Start of Block

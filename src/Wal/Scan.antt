-- ===== src/Wal/Scan.antt =====
-- `ScanLog`. The visitor is a function of a state that it may change, whether it accepts or not.
pub mod Run
pub mod Holds
pub mod Local
pub mod Truncated
pub mod Visits
use Prim.Native.String.{String}
use iron_ledger.Common.{
  ℕ, zero, suc, ◌+◌, Bool, true, false, ◌&&◌, not, Option, none, some, List, [], ◌∷◌, ltb, ◌==◌,
  if◌then◌else◌, length, take, drop,
}
use iron_ledger.Crc.{crc32c}
use iron_ledger.Device.{SimDevice, read_at, size}
use iron_ledger.Wal.Codec.{get_u32, get_u64}
use iron_ledger.Wal.Record.{record_magic, header_size, max_payload_size}

pub data ScanStop : Type 0 where
  clean_end short_read bad_magic bad_lsn bad_length bad_crc bad_payload : ScanStop

-- ScanStopName
pub scan_stop_name : ScanStop → String
scan_stop_name clean_end = "clean_end"
scan_stop_name short_read = "short_read"
scan_stop_name bad_magic = "bad_magic"
scan_stop_name bad_lsn = "bad_lsn"
scan_stop_name bad_length = "bad_length"
scan_stop_name bad_crc = "bad_crc"
scan_stop_name bad_payload = "bad_payload"

pub record ScanResult : Type 0 where
  pub valid_bytes : ℕ
  pub records : ℕ
  pub stop : ScanStop

-- RecordVisitor: lsn, type and payload to the new state and the answer.
abbrev pub Visitor : Type 0 → Type 0
Visitor S = S → ℕ → ℕ → List ℕ → S × Bool

-- One round of the loop breaks with a reason, or accepts a record and goes on at an offset.
pub data Round (S : Type 0) : Type 0 where
  break : ScanStop → S → Round S
  accept : ℕ → S → Round S

module _ {S : Type 0} where
  -- The end of a round: the visitor is asked, and `off` moves behind the record.
  abbrev pub answer : ℕ → S × Bool → Round S
  answer next (s, true) = accept next s
  answer next (s, false) = break bad_payload s

  abbrev pub or_else : Option (ScanResult × S) → S → ScanResult × S
  or_else (some r) s = r
  or_else none s = (record { valid_bytes = 0; records = 0; stop = clean_end }, s)

module _ {S : Type 0} (d : SimDevice) (verify_crc : Bool) (visitor : Visitor S) where
  -- From the read of the payload on.
  unfoldable pub scan_payload : ℕ → List ℕ → ℕ → S → Round S
  scan_payload off hdr len s =
      let payload = if len == 0 then [] else read_at (off + header_size) len d in
      let want = crc32c payload (crc32c (take 16 (drop 8 hdr)) 0) in
      if ltb (length payload) len
      then break short_read s
      else if verify_crc && not (want == get_u32 (drop 4 hdr))
      then break bad_crc s
      else answer (off + header_size + len) (visitor s off (get_u32 (drop 16 hdr)) payload)

  -- The tests on a whole header.
  unfoldable pub scan_header : ℕ → List ℕ → S → Round S
  scan_header off hdr s =
      let len = get_u32 (drop 20 hdr) in
      if not (get_u32 hdr == record_magic)
      then break bad_magic s
      else if not (get_u64 (drop 8 hdr) == off)
      then break bad_lsn s
      else if ltb max_payload_size len
      then break bad_length s
      else scan_payload off hdr len s

  -- The body of the loop.
  unfoldable pub scan_round : ℕ → S → Round S
  scan_round off s =
      let hdr = read_at off header_size d in
      if length hdr == 0
      then break clean_end s
      else if ltb (length hdr) header_size
      then break short_read s
      else scan_header off hdr s

  -- The loop, with the count of rounds that may still be made; `none` if they run out.
  unfoldable pub scan_loop : ℕ → ℕ → ℕ → S → Option (ScanResult × S)
  scan_loop zero off records s = none
  scan_loop (suc fuel) off records s = elim (scan_round off s) [
    | break why s' ↦ some (record { valid_bytes = off; records = records; stop = why }, s')
    | accept next s' ↦ scan_loop fuel next (records + 1) s'
  ]

  -- ScanLog. Every accepted record moves `off` by a header at least, so that a round for each byte
  -- of the device, and one more, are enough: the other answer of `or_else` is never taken.
  unfoldable pub scan_log : S → ScanResult × S
  scan_log s = or_else (scan_loop (size d + 1) 0 0 s) s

End of Block

In the records above, find every line containing the word "ScanResult" and show it.

**Written response**
pub record ScanResult : Type 0 where
  abbrev pub or_else : Option (ScanResult × S) → S → ScanResult × S
  unfoldable pub scan_loop : ℕ → ℕ → ℕ → S → Option (ScanResult × S)
  unfoldable pub scan_log : S → ScanResult × S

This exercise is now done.